• **What is required**
State how many lines in the listing below hold the string "again"; nothing else is wanted.

• **Records shown**
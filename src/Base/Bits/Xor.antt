-- ===== src/Base/Bits/Xor.antt =====
-- Laws of `^`, which undoes itself.
use cse.Base.Bits.Digits.{bit_xor_step}
use cse.Base.Bits.{bit_xor_join, bit_xor-zero}
use Prim.Native.Nat.{ℕ, zero, suc, ◌+◌, ◌*◌, ◌/◌, ◌%◌, ◌^◌, ◌≤◌, ◌<◌, differ, bit_xor}
use mathlib.Core.Path.{◌≡◌, refl, ap, ◌∙◌}
use native.Mathlib.Nat.{
  pow-suc, one-le-pow, mod-lt, mul-add-div_right, mul-add-mod_self_right, mod-eq_of_lt,
  div-eq_of_lt,
}
use native.Mathlib.Decide.{dec_lt}
use native.Mathlib.Omega.{arith}

differ-lt : (x y : ℕ) → x < 2 → y < 2 → differ x y < 2
differ-lt zero y h g = g
differ-lt (suc x) zero h g = h
differ-lt (suc x) (suc y) h g = differ-lt x y (omega arith) (omega arith)

differ_twice : (x y : ℕ) → x < 2 → y < 2 → differ x (differ x y) ≡ y
differ_twice zero y h g = refl
differ_twice (suc zero) zero h g = refl
differ_twice (suc zero) (suc zero) h g = refl
differ_twice (suc (suc x)) y h g = absurd (omega arith)
differ_twice (suc zero) (suc (suc y)) h g = absurd (omega arith)

pub bit_xor-lt : (k r s : ℕ) → r < 2 ^ k → s < 2 ^ k → bit_xor r s < 2 ^ k
bit_xor-lt zero r s h g = ground (arith, bit_xor-zero 0)
bit_xor-lt (suc k) r s h g =
    ground (
      arith,
      bit_xor_step r s,
      pow-suc 2 k,
      bit_xor-lt k (r / 2) (s / 2),
      differ-lt (r % 2) (s % 2),
    )

split :
    (k a b : ℕ)
    → bit_xor a b ≡ bit_xor (a / 2 ^ k) (b / 2 ^ k) * 2 ^ k + bit_xor (a % 2 ^ k) (b % 2 ^ k)
split k a b =
    ground (arith, one-le-pow k 2, bit_xor_join k (a / 2 ^ k) (b / 2 ^ k) (a % 2 ^ k) (b % 2 ^ k))

low-lt : (k a b : ℕ) → bit_xor (a % 2 ^ k) (b % 2 ^ k) < 2 ^ k
low-lt k a b =
    bit_xor-lt k (a % 2 ^ k) (b % 2 ^ k) (mod-lt a (one-le-pow k 2 (omega arith)))
      (mod-lt b (one-le-pow k 2 (omega arith)))

-- The bits of `^` from bit k on.
pub bit_xor-div : (k a b : ℕ) → bit_xor a b / 2 ^ k ≡ bit_xor (a / 2 ^ k) (b / 2 ^ k)
bit_xor-div k a b =
    ap (λ t. t / 2 ^ k) (split k a b)
    ∙ mul-add-div_right (one-le-pow k 2 (omega arith)) (bit_xor (a / 2 ^ k) (b / 2 ^ k))
        (bit_xor (a % 2 ^ k) (b % 2 ^ k))
    ∙ omega (arith, div-eq_of_lt (low-lt k a b))

-- The low k bits of `^`.
pub bit_xor-mod : (k a b : ℕ) → bit_xor a b % 2 ^ k ≡ bit_xor (a % 2 ^ k) (b % 2 ^ k)
bit_xor-mod k a b =
    ap (λ t. t % 2 ^ k) (split k a b)
    ∙ mul-add-mod_self_right (bit_xor (a / 2 ^ k) (b / 2 ^ k)) (2 ^ k)
        (bit_xor (a % 2 ^ k) (b % 2 ^ k))
    ∙ mod-eq_of_lt (low-lt k a b)

bit_xor_twice_upto : (n a b : ℕ) → a + b ≤ n → bit_xor a (bit_xor a b) ≡ b
bit_xor_twice_upto zero a b p = ground (arith, bit_xor-zero 0)
bit_xor_twice_upto (suc n) a b p = elim (dec_lt 0 (a + b)) [
  | yes h ↦ omega (
    arith,
    bit_xor_step a (bit_xor a b),
    bit_xor_step a b,
    ap (differ (a % 2)) low,
    differ_twice (a % 2) (b % 2) (omega arith) (omega arith),
    differ-lt (a % 2) (b % 2) (omega arith) (omega arith),
    bit_xor_twice_upto n (a / 2) (b / 2) (omega arith),
    halves,
    low,
  )
  | no h ↦ bit_xor_twice_upto n a b (omega arith)
]
  where
    low : bit_xor a b % 2 ≡ differ (a % 2) (b % 2)
    low = omega (arith, bit_xor_step a b, differ-lt (a % 2) (b % 2) (omega arith) (omega arith))

    halves : bit_xor (a / 2) (bit_xor a b / 2) ≡ bit_xor (a / 2) (bit_xor (a / 2) (b / 2))
    halves = ap (bit_xor (a / 2)) (bit_xor-div 1 a b)

-- `^` with the same number twice gives a number back.
pub bit_xor_twice : (a b : ℕ) → bit_xor a (bit_xor a b) ≡ b
bit_xor_twice a b = bit_xor_twice_upto (a + b) a b (omega arith)
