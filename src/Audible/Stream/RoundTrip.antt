-- ===== src/Audible/Stream/RoundTrip.antt =====
-- What is written is read again: words, headers and annotations.
use cse.Base.{
  ℕ, ◌+◌, ◌*◌, ◌%◌, ◌^◌, ◌<◌, ◌≡◌, refl, sym, ◌∙◌, ap, Bool, true, false, ◌&&◌, List, [], ◌∷◌, ◌++◌,
  bit_or, map, arith, All, drop,
}
use mathlib.Core.List.{append_assoc, append-nil}
use cse.Base.Word.{u8, ◌<<◌, ◌>>◌}
use cse.Base.Bits.{bit_or_above}
use cse.Audible.Stream.{
  AudioHeader, read_loop, read_bytes, read_fields, is_valid, read_header, put_all, write_bytes,
  write_fields, write_header, write_annotation,
}

-- `putchar` returns EOF for no byte.
abbrev pub Never : (List ℕ → ℕ → Bool) → Type 0
Never fails = (out : List ℕ) (c : ℕ) → fails out c ≡ false

-- The four bytes of a word, the most significant first.
abbrev pub bytes_of : ℕ → List ℕ
bytes_of w = u8 (w >> 24) ∷ u8 (w >> 16) ∷ u8 (w >> 8) ∷ u8 w ∷ []

pub shift_in : (x b : ℕ) → b < 256 → bit_or (x << 8) b ≡ x % 2 ^ 24 * 256 + b
shift_in x b h = ground (arith, bit_or_above 8 (x % 2 ^ 24) b h)

read_four :
    (x a b c d : ℕ)
    → a < 256
    → b < 256
    → c < 256
    → d < 256
    → bit_or (bit_or (bit_or (bit_or (x << 8) a << 8) b << 8) c << 8) d
      ≡ a * 2 ^ 24 + b * 2 ^ 16 + c * 2 ^ 8 + d
read_four x a b c d ha hb hc hd =
    let y = bit_or (x << 8) a in
    let z = bit_or (y << 8) b in
    let w = bit_or (z << 8) c in
    omega (arith, shift_in x a ha, shift_in y b hb, shift_in z c hc, shift_in w d hd)

word_bytes :
    (w : ℕ)
    → w < 2 ^ 32
    → u8 (w >> 24) * 2 ^ 24 + u8 (w >> 16) * 2 ^ 16 + u8 (w >> 8) * 2 ^ 8 + u8 w ≡ w
word_bytes w h = omega arith

read_bytes-bytes_of :
    (x w : ℕ) (rest : List ℕ) → w < 2 ^ 32 → read_bytes x (bytes_of w ++ rest) ≡ (true, w, rest)
unfolding read_bytes read_loop
read_bytes-bytes_of x w rest h =
    ap (λ v. (true, v, rest))
      (read_four x (u8 (w >> 24)) (u8 (w >> 16)) (u8 (w >> 8)) (u8 w) (omega arith) (omega arith)
          (omega arith) (omega arith)
        ∙ word_bytes w h)

abbrev header_bytes : List ℕ → List ℕ
header_bytes [] = []
header_bytes (w ∷ ws) = bytes_of w ++ header_bytes ws

abbrev fields : AudioHeader → List ℕ
fields hp =
    hp.magic_number ∷ hp.data_offset ∷ hp.data_size ∷ hp.encoding ∷ hp.sample_rate ∷ hp.channels
    ∷ []

-- Each field is an `unsigned int`.
abbrev pub IsWords : AudioHeader → Type 0
IsWords hp = All (λ w. w < 2 ^ 32) (fields hp)

read_fields-header_bytes :
    (hp₀ hp : AudioHeader) (rest : List ℕ)
    → IsWords hp
    → read_fields hp₀ (header_bytes (fields hp) ++ rest) ≡ (true, hp, rest)
unfolding read_fields
read_fields-header_bytes hp₀ hp rest h =
    rw
      (
        read_bytes-bytes_of hp₀.magic_number hp.magic_number
            (header_bytes (drop 1 (fields hp)) ++ rest) h.0,
        read_bytes-bytes_of hp₀.data_offset hp.data_offset
            (header_bytes (drop 2 (fields hp)) ++ rest) h.1.0,
        read_bytes-bytes_of hp₀.data_size hp.data_size (header_bytes (drop 3 (fields hp)) ++ rest)
            h.1.1.0,
        read_bytes-bytes_of hp₀.encoding hp.encoding (header_bytes (drop 4 (fields hp)) ++ rest)
            h.1.1.1.0,
        read_bytes-bytes_of hp₀.sample_rate hp.sample_rate
            (header_bytes (drop 5 (fields hp)) ++ rest) h.1.1.1.1.0,
        read_bytes-bytes_of hp₀.channels hp.channels rest h.1.1.1.1.1.0,
      )
      refl

module _ (fails : List ℕ → ℕ → Bool) (never : Never fails) where
  pub put_all-append : (cs out : List ℕ) → put_all fails cs out ≡ (true, out ++ map u8 cs)
  unfolding put_all
  put_all-append [] out = ap (λ t. (true, t)) (sym (append-nil out))
  put_all-append (c ∷ cs) out = rw (never out (u8 c)) (
      put_all-append cs (out ++ (u8 c ∷ []))
      ∙ ap (λ t. (true, t)) (append_assoc out (u8 c ∷ []) (map u8 cs)))

  write_bytes-bytes_of :
      (w : ℕ) (out : List ℕ) → write_bytes fails w out ≡ (true, out ++ bytes_of w)
  unfolding write_bytes
  write_bytes-bytes_of w out = put_all-append (w >> 24 ∷ w >> 16 ∷ w >> 8 ∷ w ∷ []) out

  write_fields-header_bytes :
      (ws out : List ℕ) → write_fields fails ws out ≡ (true, out ++ header_bytes ws)
  unfolding write_fields
  write_fields-header_bytes [] out = ap (λ t. (true, t)) (sym (append-nil out))
  write_fields-header_bytes (w ∷ ws) out = rw (write_bytes-bytes_of w out) (
      write_fields-header_bytes ws (out ++ bytes_of w)
      ∙ ap (λ t. (true, t)) (append_assoc out (bytes_of w) (header_bytes ws)))

  pub write_annotation-append :
      (ap out : List ℕ) → write_annotation fails ap out ≡ (true, out ++ map u8 ap)
  unfolding write_annotation
  write_annotation-append [] out = ap (λ t. (true, t)) (sym (append-nil out))
  write_annotation-append (c ∷ cs) out = rw (never out (u8 c)) (
      write_annotation-append cs (out ++ (u8 c ∷ []))
      ∙ ap (λ t. (true, t)) (append_assoc out (u8 c ∷ []) (map u8 cs)))

  -- The header that `write_header` writes, where no byte fails, is read again by `read_header`, from any
  -- previous contents of the structure and before any other bytes, if its fields are 32-bit words
  -- and it is valid.
  pub read_header-write_header :
      (hp₀ hp : AudioHeader) (rest : List ℕ)
      → IsWords hp
      → is_valid hp ≡ true
      → ((write_header fails hp []).0 ≡ true)
        × (read_header hp₀ ((write_header fails hp []).1 ++ rest) ≡ (true, hp, rest))
  unfolding write_header read_header
  read_header-write_header hp₀ hp rest h v = rw (write_fields-header_bytes (fields hp) []) (
    refl,
    ap (λ r. (r.0 && is_valid r.1, r.1, r.2)) (read_fields-header_bytes hp₀ hp rest h)
        ∙ ap (λ b. (b, hp, rest)) v,
  )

• **Solution for this task**
2